# male cats



## Crazy_cat_lady (22 October 2015)

Does anyone else's have an excessive urge to sex things up? Mine keeps trying to go after my arm, he's 8 now and had the snip when he was a kitten he's always had a healthy appetite for trying to do these things but yesterday I kept trying to stroke him and each time got a shriek that you cannot mistake the intent behind it even if you hadn't seen him do it previously before he tries to attach himself to my arm! I know he's male but even so &#128514; maybe I should give him some of H's rig calm!


----------



## Meowy Catkin (22 October 2015)

There's three male cats here and no naughty antics. 

Maybe cat rig calm is the way to go.


----------



## Emma_H (23 October 2015)

I have an 8 year old neutered male and for as long as I can remember he has "got it on" with anything fluffy! 
He humps fleecy blankets and fluffy scarves!

I checked with the vet a few years ago to make sure he had definitely been done properly and he has. 

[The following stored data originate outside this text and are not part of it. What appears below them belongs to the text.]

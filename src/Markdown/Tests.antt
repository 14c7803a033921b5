-- ===== src/Markdown/Tests.antt =====
-- `.md` over a parser that reads one event from a text's first character.
use http_nu.Common.{◌≡◌, refl, false, List, [], ◌∷◌, ◌++◌, none, some, ◌⊎◌, inl, inr, Text, codes}
use http_nu.Value.{Value, string, PipelineData, value}
use http_nu.Markdown.{
  Event, start_code, end_code, text, html, Renderer, Syntaxes, fenced, initial, convert_all,
  html_value, run,
}
use http_nu.Markdown.Safe.{Outputs, run-Safe}

abbrev parsed : Text → List (Event Unit)
parsed t =
    start_code (fenced (codes "  rust no_run"))
    ∷ text (codes "fn")
    ∷ text t
    ∷ end_code
    ∷ html t
    ∷ []

abbrev written : List (Event Unit) → Text
written [] = []
written (html h ∷ es) = h ++ written es
written (text t ∷ es) = codes "~" ++ written es
written (e ∷ es) = written es

abbrev of_value : PipelineData → Text ⊎ Value
of_value (value v meta) = inr v
of_value _ = inl []

-- Every language is known by its token.
abbrev syntaxes : Syntaxes Text
syntaxes = record {
  by_token = some;
  by_extension = λ l. none;
  plain_text = codes "plain";
  generate = λ s. λ code. code;
  into_string = λ b. inr [];
}

abbrev renderer : Renderer Unit Text
renderer = record {
  into_value = of_value;
  parse = parsed;
  push_html = written;
  escape = λ t. t;
  syntaxes = syntaxes;
  get_type = λ v. [];
  as_str_error = λ v. [];
}

run-Safe_example :
    (es : List (Event Unit)) × (run renderer (value (string (codes "<b>")) none)
      ≡ inr (html_value (renderer.push_html es)))
    × Outputs renderer [] (parsed (codes "<b>")) es
run-Safe_example = run-Safe renderer (value (string (codes "<b>")) none) (codes "<b>") refl

html_is_not_passed_on :
    written (convert_all renderer false initial (parsed (codes "<b>")))
    ≡ codes "~~~<pre><code class=\"language-rust\">fn<b></code></pre>~"
unfolding convert_all
html_is_not_passed_on = refl
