-- ===== src/Reload.antt =====
-- src/main.rs: `stdin_source`, `file_source` and `--commands`, with the loops that watch.
-- `script_to_engine` of the engine is a parameter, and `taken` engines are received before the
-- receiver is gone.
pub mod Stdin
pub mod Debounce
mod Tests
use http_nu.Common.{
  ℕ, zero, suc, Bool, true, false, List, [], ◌∷◌, Option, none, some, Text, Bytes, ◌⊎◌, inl, inr,
  is_empty, if◌then◌else◌, ◌==◌, length,
}

abbrev pub push_byte : ℕ → Option (Bytes × Bytes) → Option (Bytes × Bytes)
push_byte c none = none
push_byte c (some (buffer, rest)) = some (c ∷ buffer, rest)

-- The inner loop, up to a null or the end of the input; `none` when a read fails, as it does after
-- the bytes that are there when `fails`.
unfoldable pub read_script : Bool → Bytes → Option (Bytes × Bytes)
read_script true [] = none
read_script false [] = some ([], [])
read_script fails (c ∷ s) =
    let more = push_byte c (read_script fails s) in if c == 0 then some ([], s) else more

-- What `recv_timeout` returns; with a timeout, what the script file holds at that moment.
pub data Watched : Type 0 where
  changed : Watched
  unchanged : Watched
  watch_error : Watched
  timeout : Option Bytes → Watched
  disconnected : Watched

module _ {E : Type 0} (script_to_engine : Bytes → Option E) where
  -- `blocking_send`, and what follows when it succeeds.
  abbrev pub send_engine : ℕ → Option E → (ℕ → List E) → List E
  send_engine taken none onward = onward taken
  send_engine zero (some e) onward = []
  send_engine (suc n) (some e) onward = e ∷ onward n

  abbrev pub next_script : ℕ → Option (Bytes × Bytes) → (Bytes → ℕ → List E) → List E
  next_script taken none onward = []
  next_script taken (some ([], rest)) onward = []
  next_script taken (some (c ∷ buffer, rest)) onward =
      send_engine taken (script_to_engine (c ∷ buffer)) (onward rest)

  -- The outer loop, on fuel: each round takes a byte of the input at least.
  unfoldable pub stdin_loop : ℕ → Bool → Bytes → ℕ → List E
  unfolding read_script
  stdin_loop zero fails input taken = []
  stdin_loop (suc f) fails input taken =
      next_script taken (read_script fails input) (stdin_loop f fails)

  -- The engines that `stdin_source` sends while it watches.
  unfoldable pub stdin_source : Bool → Bytes → ℕ → List E
  unfolding stdin_loop
  stdin_source fails input taken = stdin_loop (suc (length input)) fails input taken

  abbrev pub read_engine : Option Bytes → Option E
  read_engine none = none
  read_engine (some content) = script_to_engine content

  -- The loop of `file_source`, with its `pending_reload`.
  unfoldable pub watch_loop : Bool → List Watched → ℕ → List E
  watch_loop pending [] taken = []
  watch_loop pending (changed ∷ es) taken = watch_loop true es taken
  watch_loop pending (unchanged ∷ es) taken = watch_loop pending es taken
  watch_loop pending (watch_error ∷ es) taken = watch_loop pending es taken
  watch_loop true (timeout content ∷ es) taken =
      send_engine taken (read_engine content) (watch_loop false es)
  watch_loop false (timeout content ∷ es) taken = watch_loop false es taken
  watch_loop pending (disconnected ∷ es) taken = []

  -- The first engine; `none` is the panic when nobody receives it.
  abbrev pub send_first : ℕ → Option E → (ℕ → List E) → Option (List E)
  send_first taken none onward = some (onward taken)
  send_first zero (some e) onward = none
  send_first (suc n) (some e) onward = some (e ∷ onward n)

  -- The whole standard input without watching, and the script of `--commands`.
  unfoldable pub single_source : Bytes → ℕ → Option (List E)
  single_source content taken = send_first taken (script_to_engine content) (λ n. [])

  abbrev pub watched : Bool → List Watched → ℕ → List E
  watched true es n = watch_loop false es n
  watched false es n = []

  -- `file_source`; on the left, it exits because the file is not read or its path not resolved.
  unfoldable pub file_source : Text ⊎ Bytes → Bool → List Watched → ℕ → Text ⊎ Option (List E)
  unfolding watch_loop
  file_source (inl e) watch es taken = inl e
  file_source (inr content) watch es taken =
      inr (send_first taken (script_to_engine content) (watched watch es))
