-- ===== src/Reload/Debounce.antt =====
-- The debounce of the file watcher.
use http_nu.Common.{
  ℕ, ◌≡◌, refl, Bool, true, false, ◌||◌, List, [], ◌∷◌, ◌++◌, Option, Bytes, All, any,
  if◌then◌else◌,
}
use http_nu.Reload.{
  send_engine, Watched, changed, unchanged, watch_error, timeout, disconnected, read_engine,
  watch_loop,
}

abbrev pub is_change : Watched → Bool
is_change changed = true
is_change _ = false

-- Neither a timeout nor the end.
abbrev pub InBurst : Watched → Type 0
InBurst (timeout content) = ⊥
InBurst disconnected = ⊥
InBurst _ = Unit

or-true : (b : Bool) → (b || true) ≡ true
or-true true = refl
or-true false = refl

module _ {E : Type 0} (compile : Bytes → Option E) where
  -- However many events come between two timeouts, they cause one reload, of what the file holds
  -- at the timeout, if one of them is a change of a file or one was pending, and none otherwise;
  -- after it nothing is pending.
  pub watch_loop-burst :
      (burst : List Watched) (pending : Bool) (content : Option Bytes) (es : List Watched)
      (taken : ℕ)
      → All InBurst burst
      → watch_loop compile pending (burst ++ timeout content ∷ es) taken ≡ (
          if pending || any is_change burst
          then send_engine compile taken (read_engine compile content) (watch_loop compile false es)
          else watch_loop compile false es taken)
  unfolding watch_loop
  watch_loop-burst [] true content es taken h = refl
  watch_loop-burst [] false content es taken h = refl
  watch_loop-burst (changed ∷ b) true content es taken (_, h) =
      watch_loop-burst b true content es taken h
  watch_loop-burst (changed ∷ b) false content es taken (_, h) =
      watch_loop-burst b true content es taken h
  watch_loop-burst (unchanged ∷ b) pending content es taken (_, h) =
      watch_loop-burst b pending content es taken h
  watch_loop-burst (watch_error ∷ b) pending content es taken (_, h) =
      watch_loop-burst b pending content es taken h
  watch_loop-burst (timeout c ∷ b) pending content es taken (n, h) = absurd n
  watch_loop-burst (disconnected ∷ b) pending content es taken (n, h) = absurd n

It's terribly embarrassing if he does it in front of anyone though!!!


----------



## 9tails (23 October 2015)

Blimey none of my male cats have shown any sexual tendencies.


----------



## missmatch (23 October 2015)

Zylkene might help your cat. I've found it quite good for a lot of behaviours. You can buy it online, half the price of the vets.


----------



## chillipup (23 October 2015)

A friend used to own a neutered buck rabbit that would do the same to fluffy socks - especially when being worn! I'd suggest getting him a fluffy toy cat to "play" with.


----------



## Emma_H (23 October 2015)

chillipup said:



			I'd suggest getting him a fluffy toy cat to "play" with.

Click to expand...

It does work. 

My mum found it hilarious to make a cat shaped (I say shaped as it was rubbish and looked only vaguely like a cat) toy out of one of those fluffy stretchy scarves. It even had a collar with a bell. 

Every so often I get it out for my boy to "play" with. 

I'll ask my mum to make you one CCL  !!!


----------



## Crazy_cat_lady (17 November 2015)

Well he's still at it! He has a little foreplay on the throw (particularly disturbing as he's started gazing lovestruck at me while doing so) then he comes over shrieking at my arm before proceeding to try and mount it. He tried 4 times the other night! 
My mum is going to mention it to the vet when she takes old girl for her blood test.


----------